Author | : George W. Quimby |
Publisher | : University of Alabama Press |
Total Pages | : 221 |
Release | : 2018-01-16 |
Genre | : Biography & Autobiography |
ISBN | : 0817319719 |
A rare and dramatic first-person account by a Union scout who served General William Tecumseh Sherman on his “march to the sea” After his father-in-law passed away, Stephen Murphy found, among the voluminous papers left behind, an ancestral memoir. Murphy quickly became fascinated with the recollections of George W. Quimby (1842–1926), a Union soldier and scout for General William Tecumseh Sherman.
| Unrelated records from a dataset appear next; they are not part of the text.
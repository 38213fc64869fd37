-- ===== src/Cache/Count.antt =====
-- The count of memory in `set`, below the bound on `maxmem` of the invariant.
use hw6_csci.Base.{
  ℕ, ◌+◌, ◌-◌, ◌^◌, ◌≤◌, ◌<◌, ◌≡◌, inl, inr, none, some, List, Bytes, arith, ok, Option-cases,
}
use hw6_csci.Base.Dict.{Dict, Distinct, total, find, erase, erase_absent, total-erase}
use hw6_csci.Evictor.{Evictor}
use hw6_csci.Cache.{Cache, u32, sub32, size_of, actual_size}
use hw6_csci.Cache.Valid.{IsValid}

-- `actual_size` of the code, once the maps agree.
abbrev pub change : Bytes → ℕ → Dict ℕ → ℕ
change key size sizes = elim (find key sizes) [ none ↦ size | some old ↦ sub32 size old ]

-- The memory that `size` bytes add for the key, where they add any.
abbrev pub growth : Bytes → ℕ → Dict ℕ → ℕ
growth key size sizes = elim (find key sizes) [ none ↦ size | some old ↦ size - old ]

-- The memory in use if the key had a value of the size.
abbrev pub new_total : Bytes → ℕ → Dict ℕ → ℕ
new_total key size sizes = total (erase key sizes) + size

change-wraps :
    (key : Bytes) (size top : ℕ) (sizes : Dict ℕ)
    → Distinct sizes
    → total sizes ≤ top
    → size ≤ top
    → top < 2 ^ 31
    → u32 (total sizes + change key size sizes) ≡ new_total key size sizes
change-wraps key size top sizes d bounded fits small = elim (Option-cases (find key sizes)) [
  | inl e ↦ ground (arith, erase_absent key sizes e)
  | inr (old, e) ↦ ground (arith, total-erase key old sizes d e)
]

-- A change that does not fit at once is plain growth.
change-grows :
    (key : Bytes) (size top : ℕ) (sizes : Dict ℕ)
    → Distinct sizes
    → total sizes ≤ top
    → size ≤ top
    → top < 2 ^ 31
    → top < new_total key size sizes
    → change key size sizes ≡ growth key size sizes
change-grows key size top sizes d bounded fits small over = elim (Option-cases (find key sizes)) [
  | inl e ↦ ground arith
  | inr (old, e) ↦ ground (arith, total-erase key old sizes d e)
]

pub change-same :
    (key : Bytes) (size : ℕ) (m n : Dict ℕ)
    → find key m ≡ find key n
    → change key size m ≡ change key size n
change-same key size m n e = ground arith

pub growth-le : (key : Bytes) (size : ℕ) (sizes : Dict ℕ) → growth key size sizes ≤ size
growth-le key size sizes = ground arith

module _ (E : Evictor) (c : Cache E.State) (q : List Bytes) (key : Bytes) (size : ℕ) where
  module _ (v : IsValid E c q) where
    pub actual_size-ok : actual_size c key size ≡ ok (change key size c.sizes)
    unfolding actual_size size_of
    actual_size-ok = ground (arith, v.same_keys key)

    -- The new count is the sum of the sizes, whether the value grows or shrinks.
    pub u32-new_total :
        size ≤ c.maxmem → u32 (c.current_mem + change key size c.sizes) ≡ new_total key size c.sizes
    u32-new_total fits =
        rw v.counted (change-wraps key size c.maxmem c.sizes v.distinct (omega arith) fits v.small)

    pub change-growth :
        size ≤ c.maxmem
        → c.maxmem < new_total key size c.sizes
        → change key size c.sizes ≡ growth key size c.sizes
    change-growth fits over =
        change-grows key size c.maxmem c.sizes v.distinct (omega arith) fits v.small over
Before Quimby became a part of Sherman’s March, he was held captive by Nathan Bedford Forrest’s troops in western Tennessee. He joined Sherman’s Army in Vicksburg, destroying railroads and bridges across Mississippi and Alabama on the way to Georgia. As the notorious march began, Quimby became a scout and no longer experienced war as his fellow soldiers did. Scouts moved ahead of the troops to anticipate opportunities and dangers. The rank and file were instructed to be seen and feared, while scouts were required to be invisible and stealthy. This memoir offers the rare perspective of a Union soldier who ventured into Confederate territory and sent intelligence to Sherman. Written around 1901 in the wake of the Spanish American War, Quimby’s memoir shows no desire to settle old scores. He’s a natural storyteller, keeping his audience’s attention with tales of drunken frolics and narrow escapes, providing a memoir that reads more like an adventure novel. He gives a new twist to the familiar stories of Sherman’s March, reminding readers that while the Union soldiers faced few full-scale battles, the campaign was still quite dangerous. More than a chronicle of day-to-day battles and marches, The Perfect Scout is more episodic and includes such additional elements as the story of how he met his wife and close encounters with the enemy. Offering a full picture of the war, Quimby writes not only about his adventures as one of Sherman’s scouts, but also about the suffering of the civilians caught in the war. He provides personal insight into some of the war’s historic events and paints a vivid picture of the devastation wreaked upon the South that includes destroyed crops and homes and a shattered economy. He also tells of the many acts of kindness he received from Southerners, including women and African Americans, who helped him and his fellow scouts by providing food, shelter, or information.